Would it help to get a microphone and amp and station myself in subway tunnels and read aloud with an empty bucket in front of me?

The nearest proximity I’ve reached is writing as if I’m reading aloud. As “the author,” I am at last the only person for the job. In my fantasies, I branch out from there. Soon I’d be reading other authors’ work and then move into voiceover and replace the guy who once did every trailer of every movie.

Someone has to surmount his fame, right? Why not me?

You see how quickly I can get ahead of myself, flying off the fantasy handle and picturing myself with a mountainside home, a foundation for charitable donations, a personal trainer/chef/appointment assistant, a haircut every three weeks, and a new toothbrush every day.
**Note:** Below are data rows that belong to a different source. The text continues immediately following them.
-- ===== src/Mbim.antt =====
-- The MBIM framing of the network driver (drivers/bus/mhi/mhi_net_mbim.c): packets to and from the
-- blocks that the device exchanges, on a little-endian host.
pub mod Slices
pub mod Ends
pub mod RoundTrip
pub mod Net
pub mod Resend
use mhi_for_quectel_modem.Base.{
  ℕ, zero, suc, ◌+◌, ◌-◌, ◌*◌, ◌/◌, ◌%◌, ◌^◌, bit_and, Bool, true, false, not, ◌&&◌, ◌||◌, ltb,
  ◌==◌, if◌then◌else◌, Option, none, some, List, [], ◌∷◌, ◌++◌, length, get_elem?, take, drop,
}

-- The signatures of `linux/usb/cdc.h`: of a block's header, and of the two kinds of tables.
pub record Signs : Type 0 where
  pub nth16 : ℕ
  pub ips : ℕ
  pub dss : ℕ

-- `struct cdc_mbim_ctx`.
pub record MbimCtx : Type 0 where
  pub tx_seq : ℕ
  pub rx_seq : ℕ
  pub rx_max : ℕ

-- `skb->protocol`: ETH_P_IP or ETH_P_IPV6.
pub data Protocol : Type 0 where
  ip ipv6 : Protocol

-- A packet for the network stack.
pub record Packet : Type 0 where
  pub protocol : Protocol
  pub bytes : List ℕ

-- The sizes of `struct usb_cdc_ncm_nth16`, `struct usb_cdc_ncm_ndp16` and `struct
-- usb_cdc_ncm_dpe16`, and of `struct cdc_mbim_hdr`.
abbrev pub nth16_size : ℕ
nth16_size = 12

abbrev pub ndp16_size : ℕ
ndp16_size = 8

abbrev pub dpe16_size : ℕ
dpe16_size = 4

abbrev pub hdr_size : ℕ
hdr_size = 28

-- Little-endian members, and their reading at an offset; `none` is a read past the end of the block.
abbrev pub le16 : ℕ → List ℕ → List ℕ
le16 n rest = (n % 256) ∷ (n / 256 % 256) ∷ rest

abbrev pub le32 : ℕ → List ℕ → List ℕ
le32 n rest = le16 (n % 2 ^ 16) (le16 (n / 2 ^ 16) rest)

unfoldable pub get16 : List ℕ → ℕ → Option ℕ
get16 block at = elim (get_elem? block at) [
  | none ↦ none
  | some lo ↦ elim (get_elem? block (at + 1)) [ none ↦ none | some hi ↦ some (lo + 256 * hi) ]
]

unfoldable pub get32 : List ℕ → ℕ → Option ℕ
unfolding get16
get32 block at = elim (get16 block at) [
  | none ↦ none
  | some lo ↦ elim (get16 block (at + 2)) [ none ↦ none | some hi ↦ some (lo + 2 ^ 16 * hi) ]
]

-- `cdc_mbim_tx_fixup`: the packet with a header in front. `none` is -ENOBUFS.
unfoldable pub tx_fixup : Signs → MbimCtx → ℕ → List ℕ → ℕ → MbimCtx × Option (List ℕ)
tx_fixup signs ctx headroom packet session_id =
    let skb_len = length packet in
    if ltb headroom hdr_size then (ctx, none) else (
      record ctx { tx_seq = (ctx.tx_seq + 1) % 2 ^ 16 },
      some (
          le32 signs.nth16 (
            le16 nth16_size (
              le16 ctx.tx_seq (
                le16 (skb_len + hdr_size) (
                  le16 nth16_size (
                    le32 (signs.ips % 2 ^ 24 + session_id % 256 * 2 ^ 24) (
                      le16 (ndp16_size + dpe16_size * 2)
                        (le16 0 (le16 hdr_size (le16 skb_len (le16 0 (le16 0 packet)))))))))))),
    )

-- How the loop over the entries of a table ended: by its end or a `break`, by `goto error`, or in a
-- read past the end of the block; with the packets up to then.
pub data Frames : Type 0 where
  next : List Packet → Frames
  error : List Packet → Frames
  overread : Frames

-- `skb_in->data[offset] & 0xf0`
abbrev pub protocol_of : ℕ → Option Protocol
protocol_of byte =
    if bit_and byte 0xF0 == 0x40
    then some ip
    else if bit_and byte 0xF0 == 0x60
    then some ipv6
    else none

-- How the loop over the tables ended: with the packets, in a read past the end of the block, or not
-- within the fuel.
pub data Tables : Type 0 where
  delivered : List Packet → Tables
  faulted : Tables
  running : Tables

module _ (signs : Signs) (alloc : List Packet → ℕ → Bool) (rx_max : ℕ) (block : List ℕ) where
  -- One datagram. `alloc` says whether `netdev_alloc_skb` has memory.
  unfoldable pub frame : ℕ → ℕ → List Packet → Frames
  frame offset skb_len chain =
      if ltb (length block) (offset + skb_len) || ltb rx_max skb_len
      then error chain
      else if not (alloc chain skb_len)
      then error chain
      else elim (get_elem? block offset) [
        | none ↦ overread
        | some byte ↦ elim (protocol_of byte) [
          | none ↦ error chain
          | some p ↦
              next
                (chain ++ (record { protocol = p; bytes = take skb_len (drop offset block) } ∷ []))
        ]
      ]

  -- The loop over the entries, `left` of them, from the one at `at` on.
  unfoldable pub frames : ℕ → ℕ → List Packet → Frames
  frames zero at chain = next chain
  frames (suc left) at chain = elim (get16 block at) [
    | none ↦ overread
    | some offset ↦ elim (get16 block (at + 2)) [
      | none ↦ overread
      | some skb_len ↦
          if (offset == 0) || (skb_len == 0)
          then next chain
          else elim (frame offset skb_len chain) [
            | next chain' ↦ frames left (at + dpe16_size) chain'
            | error chain' ↦ error chain'
            | overread ↦ overread
          ]
    ]
  ]

  -- `tci`; `none` is a signature that is not supported.
  abbrev pub tci_of : ℕ → Option ℕ
  tci_of sign =
      if sign % 2 ^ 24 == signs.ips
      then some (sign / 2 ^ 24)
      else if sign % 2 ^ 24 == signs.dss
      then some (sign / 2 ^ 24 + 256)
      else none

  -- The checks of a table's signature.
  abbrev pub is_session_0 : ℕ → Bool
  is_session_0 sign = elim (tci_of sign) [ none ↦ false | some tci ↦ tci == 0 ]

  -- One table: its checks, and its entries.
  unfoldable pub table : ℕ → List Packet → Frames
  table at chain =
      if ltb (length block) (at + ndp16_size) then error chain else elim (get16 block (at + 4)) [
        | none ↦ overread
        | some len ↦
            let nframes = (len - ndp16_size) / dpe16_size in
            if ltb len 0x10 || ltb (length block) (ndp16_size + nframes * dpe16_size)
            then error chain
            else elim (get32 block at) [
              | none ↦ overread
              | some sign ↦
                  if is_session_0 sign then frames nframes (at + ndp16_size) chain else error chain
            ]
      ]

  -- `while (ndpoffset > 0)`
  unfoldable pub tables : ℕ → ℕ → List Packet → Tables
  tables fuel zero chain = delivered chain
  tables zero (suc at) chain = running
  tables (suc fuel) (suc at) chain = elim (table (suc at) chain) [
    | error chain' ↦ delivered chain'
    | overread ↦ faulted
    | next chain' ↦ elim (get16 block (suc at + 6)) [
      | none ↦ faulted
      | some ndpoffset ↦ tables fuel ndpoffset chain'
    ]
  ]

-- `cdc_mbim_rx_fixup`; `fuel` bounds the number of tables.
unfoldable pub rx_fixup : Signs → (List Packet → ℕ → Bool) → ℕ → MbimCtx → List ℕ → MbimCtx × Tables
rx_fixup signs alloc fuel ctx block =
    if ltb (length block) (nth16_size + ndp16_size)
    then (ctx, delivered [])
    else elim (get32 block 0) [
      | none ↦ (ctx, faulted)
      | some sign ↦
          if not (sign == signs.nth16) then (ctx, delivered []) else elim (get16 block 8) [
            | none ↦ (ctx, faulted)
            | some len ↦ if ltb ctx.rx_max len then (ctx, delivered []) else elim (get16 block 6) [
              | none ↦ (ctx, faulted)
              | some sequence ↦
                  let ctx' = record ctx { rx_seq = (sequence + 1) % 2 ^ 16 } in
                  elim (get16 block 10) [
                    | none ↦ (ctx', faulted)
                    | some ndpoffset ↦ (ctx', tables signs alloc ctx.rx_max block fuel ndpoffset [])
                  ]
            ]
          ]
    ]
In my dream life as a books-on-tapes reader, I can afford such luxuries.

Maybe we dreamers are chasing fluffy pink clouds no sane person should pursue seriously, and yet, and yet, and yet. Sid Madwed, a success speaker who touts the power of poetry to improve creativity, productivity, and everything else, says most people are afraid of losing jobs they hate so 90 to 95% of employees, “Work at jobs which are unfulfilling and which they dislike and would leave in a minute if they only knew what they really wanted to do.”

Which leads me back to a question: where can I get an amp and microphone cheap?